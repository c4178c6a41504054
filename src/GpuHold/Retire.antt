-- ===== src/GpuHold/Retire.antt =====
-- proxy/gpu_hold.cpp: every recorded stamp is one that a fence of its queue will pass, so no
-- buffer stays busy for ever.
use dxr11_pascal.Base.{
  ℕ, ◌≤◌, ◌≡◌, refl, inl, inr, false, ◌&&◌, ◌||◌, not, List, [], ◌∷◌, arith, ◌==◌, any, Bool-cases,
  All,
}
use dxr11_pascal.GpuHold.{
  Stamp, State, Gpu, done_locked, owners_of, after_submit, detach, any_live, busy, is_empty, Op,
  uses_op, submits_op, once_op, detach_op, step, run,
}
use dxr11_pascal.GpuHold.Tracking.{
  IsEnded, IsTracked, end_locked-IsTracked, sweep_locked-IsTracked, use_of-IsTracked,
  stamp_submitted-IsTracked, submitted_once-IsTracked,
}

-- Every call keeps the bookkeeping: each stamp, live or ending, is of work that was never
-- submitted, or carries a value that the created fence of its queue was signalled to reach.
pub step-IsTracked :
    (from : ℕ → ℕ) (g : Gpu) (s : State) (op : Op) → IsTracked s → IsTracked (step from g s op)
unfolding step after_submit detach
step-IsTracked from g s (uses_op r o) h = use_of-IsTracked s r o h
step-IsTracked from g s (submits_op q lists) h =
    elim (Bool-cases (q == 0 || is_empty s.live && is_empty s.ending)) [
      | inl idle ↦ rw idle h
      | inr work ↦
          rw work
            (sweep_locked-IsTracked g _ (stamp_submitted-IsTracked g s q (owners_of from lists) h))
    ]
step-IsTracked from g s (once_op q o) h = submitted_once-IsTracked g s q o h
step-IsTracked from g s (detach_op o) h = elim (Bool-cases (o == 0)) [
  | inl null ↦ rw null h
  | inr given ↦ rw given (end_locked-IsTracked g s o h)
]

-- The GPU has passed all that was signalled.
abbrev pub CaughtUp : Gpu → State → Type 0
CaughtUp g s = (q : ℕ) → (s.fences q).value ≤ g.completed q

ended_done :
    (g : Gpu) (s : State) (r : ℕ) (ts : List Stamp)
    → CaughtUp g s
    → All (IsEnded s.fences) ts
    → any (λ t. t.res == r && not (done_locked g s t)) ts ≡ false
unfolding done_locked
ended_done g s r [] c h = refl
ended_done g s r (t ∷ ts) c h = ground (arith, h.0, c t.queue, ended_done g s r ts c h.1)

run-IsTracked :
    (from : ℕ → ℕ) (s : State) (ops : List (Gpu × Op)) → IsTracked s → IsTracked (run from s ops)
unfolding run
run-IsTracked from s [] h = h
run-IsTracked from s ((g, op) ∷ ops) h =
    run-IsTracked from (step from g s op) ops (step-IsTracked from g s op h)

abbrev pub initial : State
initial = record { live = []; ending = []; fences = λ _. record { created = false; value = 0 } }

idle_when_passed :
    (g : Gpu) (s : State) (r : ℕ)
    → IsTracked s
    → any_live r s.live ≡ false
    → CaughtUp g s
    → busy false g s r ≡ false
unfolding busy
idle_when_passed g s r h dead c =
    let passed = ended_done g s r s.ending c h.ended in rw (dead, passed) (ground arith)

-- After any history from the empty state: once no live owner uses `r`, and the GPU has passed
-- all that was signalled, `Busy(r)` answers false. So a buffer can always be reused in the end.
pub busy_ends :
    (from : ℕ → ℕ) (ops : List (Gpu × Op)) (g : Gpu) (r : ℕ)
    → any_live r (run from initial ops).live ≡ false
    → CaughtUp g (run from initial ops)
    → busy false g (run from initial ops) r ≡ false
busy_ends from ops g r dead c =
    idle_when_passed g (run from initial ops) r
      (run-IsTracked from initial ops (record { uses = tt; ended = tt })) dead c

##############################

Output the material above exactly, but only from the line that carries "elim (Bool-cases (q" through the line that carries "-- The GPU has passed all that was signalled.".

    elim (Bool-cases (q == 0 || is_empty s.live && is_empty s.ending)) [
      | inl idle ↦ rw idle h
      | inr work ↦
          rw work
            (sweep_locked-IsTracked g _ (stamp_submitted-IsTracked g s q (owners_of from lists) h))
    ]
step-IsTracked from g s (once_op q o) h = submitted_once-IsTracked g s q o h
step-IsTracked from g s (detach_op o) h = elim (Bool-cases (o == 0)) [
  | inl null ↦ rw null h
  | inr given ↦ rw given (end_locked-IsTracked g s o h)
]

-- The GPU has passed all that was signalled.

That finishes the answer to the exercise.